PESCARA. «Mia moglie Valentina è una tosta, fa la boxe thailandese e picchia duro. Ma io rimango contrario. Per me le donne non dovrebbero mai salire sul ring, di nessuna disciplina». Quello di Nino...
PESCARA. «Mia moglie Valentina è una tosta, fa la boxe thailandese e picchia duro. Ma io rimango contrario. Per me le donne non dovrebbero mai salire sul ring, di nessuna disciplina». Quello di Nino La Rocca, che negli anni ’80 fece parlare molto di sé e aveva come tifoso eccellente il presidente della Repubblica Sandro Pertini, è un caso curioso: ora il pugilato lo insegna nelle vicinanze di Roma vorrebbe che le donne restassero lontano dai ring. Però La Rocca, 56 anni, ormai abruzzese di adozione visto che ama passare le vacanze a Pineto, deve combattere ogni giorno per portare avanti la sua convinzione e deve farlo anche in casa: sua moglie, Valentina Zincani, è stata una campionessa di boxe thailandese e si definisce «molto agguerrita» e ovviamente non condivide l’opinione del marito. Dice la Zincani: «Il pugilato in Italia lo abbiamo salvato noi donne», afferma, «i match degli uomini sono diventati noiosi, noi invece ce le diamo di santa ragione. Non c’è alcuna ragione per impedirci di fare il pugilato». Parità a tutti i livelli, anche sul ring.
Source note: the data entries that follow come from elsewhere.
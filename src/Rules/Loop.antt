-- ===== src/Rules/Loop.antt =====
-- The loop of `evaluate`, crates/aa-rules/src/eval.rs: its rounds, an induction rule over them, and
-- what holds when it ends without an error.
use prolog_forge.Prelude.{
  ℕ, zero, suc, List, [], ◌∷◌, none, some, ◌≡◌, refl, sym, ◌∙◌, subst, inl, inr, Result, ok, err,
  Result-cases,
}
use prolog_forge.Graph.Fact.{Fact}
use prolog_forge.Graph.Store.{GraphStore}
use prolog_forge.Rules.Ast.{Rule}
use prolog_forge.Rules.Eval.{
  EvalStats, EvalError, fire_rules, insert_batch, evaluate_loop, next_round,
}

abbrev pub Outcome : Type 0
Outcome = Result EvalError EvalStats × GraphStore

module _ (rules : List Rule) (fuel : ℕ) (stats : EvalStats) (s : GraphStore) where
  pub round_error :
      (e : EvalError)
      → fire_rules rules s [] ≡ err e
      → evaluate_loop (suc fuel) rules stats s ≡ some (err e, s)
  unfolding evaluate_loop
  round_error e h = rw (h, evaluate_loop)

  pub round_done :
      fire_rules rules s [] ≡ ok []
      → evaluate_loop (suc fuel) rules stats s ≡ some (ok (next_round stats), s)
  unfolding evaluate_loop
  round_done h = rw (h, evaluate_loop)

  module _ (f : Fact) (fs : List Fact) (fired : fire_rules rules s [] ≡ ok (f ∷ fs)) where
    abbrev after_batch : Outcome
    after_batch = insert_batch (f ∷ fs) (next_round stats) s

    pub round_refused :
        (e : EvalError)
        → after_batch.0 ≡ err e
        → evaluate_loop (suc fuel) rules stats s ≡ some (err e, after_batch.1)
    unfolding evaluate_loop
    round_refused e h = rw (fired, h, evaluate_loop)

    pub round_next :
        (stats' : EvalStats)
        → after_batch.0 ≡ ok stats'
        → evaluate_loop (suc fuel) rules stats s ≡ evaluate_loop fuel rules stats' after_batch.1
    unfolding evaluate_loop
    round_next stats' h = rw (fired, h, evaluate_loop)

pub no_fuel :
    (rules : List Rule) (stats : EvalStats) (s : GraphStore)
    → evaluate_loop zero rules stats s ≡ none
unfolding evaluate_loop
no_fuel rules stats s = refl

-- What one round does, by the result of its two halves.
pub data Round (rules : List Rule) (fuel : ℕ) (stats : EvalStats) (s : GraphStore) : Type 0 where
  failed :
      (e : EvalError)
      → evaluate_loop (suc fuel) rules stats s ≡ some (err e, s)
      → Round rules fuel stats s
  saturated :
      fire_rules rules s [] ≡ ok []
      → evaluate_loop (suc fuel) rules stats s ≡ some (ok (next_round stats), s)
      → Round rules fuel stats s
  refused :
      (f : Fact) (fs : List Fact) (e : EvalError)
      → fire_rules rules s [] ≡ ok (f ∷ fs)
      → evaluate_loop (suc fuel) rules stats s
        ≡ some (err e, (insert_batch (f ∷ fs) (next_round stats) s).1)
      → Round rules fuel stats s
  next :
      (f : Fact) (fs : List Fact) (stats' : EvalStats)
      → fire_rules rules s [] ≡ ok (f ∷ fs)
      → (insert_batch (f ∷ fs) (next_round stats) s).0 ≡ ok stats'
      → evaluate_loop (suc fuel) rules stats s
        ≡ evaluate_loop fuel rules stats' (insert_batch (f ∷ fs) (next_round stats) s).1
      → Round rules fuel stats s

module _ (rules : List Rule) (fuel : ℕ) (stats : EvalStats) (s : GraphStore) where
  round_batch : (batch : List Fact) → fire_rules rules s [] ≡ ok batch → Round rules fuel stats s
  round_batch [] fired = saturated fired (round_done rules fuel stats s fired)
  round_batch (f ∷ fs) fired = elim (Result-cases (insert_batch (f ∷ fs) (next_round stats) s).0) [
    | inl (stats', h) ↦ next f fs stats' fired h (round_next rules fuel stats s f fs fired stats' h)
    | inr (e, h) ↦ refused f fs e fired (round_refused rules fuel stats s f fs fired e h)
  ]

  pub round : Round rules fuel stats s
  round = elim (Result-cases (fire_rules rules s [])) [
    | inl (batch, fired) ↦ round_batch batch fired
    | inr (e, h) ↦ failed e (round_error rules fuel stats s e h)
  ]

-- A property of the store that a round keeps holds of the store at the end, whatever the outcome.
pub loop_induction :
    (rules : List Rule) (P : GraphStore → Type 0)
    (keep : (s : GraphStore) (stats : EvalStats) (batch : List Fact)
      → P s
      → fire_rules rules s [] ≡ ok batch
      → P (insert_batch batch stats s).1)
    (fuel : ℕ) (stats : EvalStats) (s : GraphStore) (o : Outcome)
    → P s
    → evaluate_loop fuel rules stats s ≡ some o
    → P o.1
loop_induction rules P keep zero stats s o p h = absurd (cc (no_fuel rules stats s))
loop_induction rules P keep (suc fuel) stats s o p h = elim (round rules fuel stats s) [
  | failed e ends ↦ let same : s ≡ o.1 = cc in subst P same p
  | saturated fired ends ↦ let same : s ≡ o.1 = cc in subst P same p
  | refused f fs e fired ends ↦
      let same : (insert_batch (f ∷ fs) (next_round stats) s).1 ≡ o.1 = cc in
      subst P same (keep s (next_round stats) (f ∷ fs) p fired)
  | next f fs stats' fired done ends ↦
      loop_induction rules P keep fuel stats' (insert_batch (f ∷ fs) (next_round stats) s).1 o
        (keep s (next_round stats) (f ∷ fs) p fired) (sym ends ∙ h)
]

-- When the loop ends without an error, a further round adds nothing.
pub loop_saturated :
    (rules : List Rule) (fuel : ℕ) (stats stats' : EvalStats) (s s' : GraphStore)
    → evaluate_loop fuel rules stats s ≡ some (ok stats', s')
    → fire_rules rules s' [] ≡ ok []
loop_saturated rules zero stats stats' s s' h = absurd (cc (no_fuel rules stats s))
loop_saturated rules (suc fuel) stats stats' s s' h = elim (round rules fuel stats s) [
  | failed e ends ↦ absurd (cc)
  | saturated fired ends ↦
      let same : s ≡ s' = cc in subst (λ t. fire_rules rules t [] ≡ ok []) same fired
  | refused f fs e fired ends ↦ absurd (cc)
  | next f fs stats₁ fired done ends ↦
      loop_saturated rules fuel stats₁ stats' (insert_batch (f ∷ fs) (next_round stats) s).1 s'
        (sym ends ∙ h)
]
Ai colpi dialettici della “rivale”, replica il marito ex sfidante per il titolo mondiale dei welter: «Può darsi che io sia all'antica», dice La Rocca interrompendo la sua quotidiana lettura del Corano, «ma per me le donne non dovrebbero fare il pugilato». Meglio le donne casalinghe che le pugilesse,osserva La Rocca.
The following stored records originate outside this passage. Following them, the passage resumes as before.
-- ===== src/Rules/Sound.antt =====
-- The facts that `evaluate` of crates/aa-rules/src/eval.rs adds, against what follows by the
-- rules.
use prolog_forge.Prelude.{
  ℕ, List, [], ◌∷◌, some, true, false, ◌≡◌, sym, ◌∙◌, subst, Str, elem, In→elem, In, inl, inr, ok,
  nat_eq, list_eq,
}
use prolog_forge.Graph.Fact.{Fact, fact_eq}
use prolog_forge.Graph.Store.{GraphStore, contains, facts_of}
use prolog_forge.Graph.Insert.{IsValid, contains-eq-elem}
use prolog_forge.Graph.Unify.{Binding}
use prolog_forge.Rules.Ast.{Atom, Rule}
use prolog_forge.Rules.Eval.{EvalStats, fire_rules, insert_batch, evaluate, no_stats}
use prolog_forge.Rules.Body.{Satisfies}
use prolog_forge.Rules.Solve.{solve_body_sound}
use prolog_forge.Rules.Model.{
  Derives, DerivesBody, given, fired, done, holds, instantiate_head_sound,
}
use prolog_forge.Rules.Fire.{Activation, fire_rules_sound}
use prolog_forge.Rules.Batch.{insert_batch_sound, insert_batch-IsValid}
use prolog_forge.Rules.Loop.{Outcome, loop_induction}

-- The store is valid, and each of its facts follows from `base`.
pub record IsDerived (rules : List Rule) (base s : GraphStore) : Type 0 where
  pub valid : IsValid s
  pub derived : (f : Fact) → contains s f ≡ true → Derives rules base f

pub contains_filed :
    (s : GraphStore) (v : IsValid s) (p : Str) (f : Fact)
    → In f (facts_of s p)
    → (f.predicate ≡ p) × (contains s f ≡ true)
contains_filed s v p f m =
    let e : elem f (facts_of s p) ≡ true = In→elem f (facts_of s p) m in
    let same : f.predicate ≡ p = v.filed p f e in
    (same, contains-eq-elem s f ∙ subst (λ q. elem f (facts_of s q) ≡ true) (sym same) e)

body-DerivesBody :
    (rules : List Rule) (base s : GraphStore) (d : IsDerived rules base s) (σ : Binding)
    (body : List Atom)
    → Satisfies s σ body
    → DerivesBody rules base σ body
body-DerivesBody rules base s d σ [] sat = done σ
body-DerivesBody rules base s d σ (a ∷ body) sat =
    let (f, m, args) = sat.0 in
    let (same, there) = contains_filed s d.valid a.predicate f m in
    holds σ a body f same args (d.derived f there) (body-DerivesBody rules base s d σ body sat.1)

Activation-Derives :
    (rules : List Rule) (base s : GraphStore) (d : IsDerived rules base s) (f : Fact)
    → Activation rules s f
    → Derives rules base f
Activation-Derives rules base s d f (r, b, mr, mb, made) =
    fired r b f mr (body-DerivesBody rules base s d b r.body (solve_body_sound r.body s b mb))
      (instantiate_head_sound r.head b f made)

round-IsDerived :
    (rules : List Rule) (base s : GraphStore) (stats : EvalStats) (batch : List Fact)
    → IsDerived rules base s
    → fire_rules rules s [] ≡ ok batch
    → IsDerived rules base (insert_batch batch stats s).1
round-IsDerived rules base s stats batch d h = record {
  valid = insert_batch-IsValid batch stats s d.valid;
  derived = λ g m. elim (insert_batch_sound batch stats s g m) [
    | inl old ↦ d.derived g old
    | inr new ↦ elim (fire_rules_sound rules s [] batch g h new) [
      | inl none_yet ↦ absurd (cc (no_member g none_yet))
      | inr (_, act) ↦ Activation-Derives rules base s d g act
    ]
  ];
}
  where
    no_member : (g : Fact) → elem g [] ≡ true → false ≡ true
    no_member g h = unfold elem in h

-- Whatever the outcome and the fuel, the store at the end is valid and holds only facts that follow
-- from the valid store at the start by the rules.
pub evaluate_sound :
    (fuel : ℕ) (rules : List Rule) (s : GraphStore) (o : Outcome)
    → IsValid s
    → evaluate fuel rules s ≡ some o
    → IsValid o.1 × ((f : Fact) → contains o.1 f ≡ true → Derives rules s f)
unfolding evaluate
evaluate_sound fuel rules s o v h =
    let d =
      loop_induction rules (IsDerived rules s)
        (λ t stats batch. round-IsDerived rules s t stats batch) fuel no_stats s o
        (record { valid = v; derived = given }) h in
    (d.valid, d.derived)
Dopo l’incidente di Francesca Moro, finita in coma al termine di un incontro a Chieti, La Rocca dice in generale: «La boxe è uno sport duro e i tre minuti di ogni round sono un’eternità. È faticoso per noi, figurarsi per loro che sono fragili. Per me la donna è un fiore delicato, e non dovrebbe praticare certe attività sportive. Mia moglie è tosta», ammette, «e anche adesso mi sta dicendo di non esprimere certe opinioni. Ma rimango delle mie idee: la donna è bella, e non deve salire sul ring a prendere botte e farsi spaccare il viso. Parlando di boxe in generale, dico che troppa gente viene fatta combattere senza essere preparata a dovere. C’è gente che insegna pugilato ma non hai mai tirato un colpo».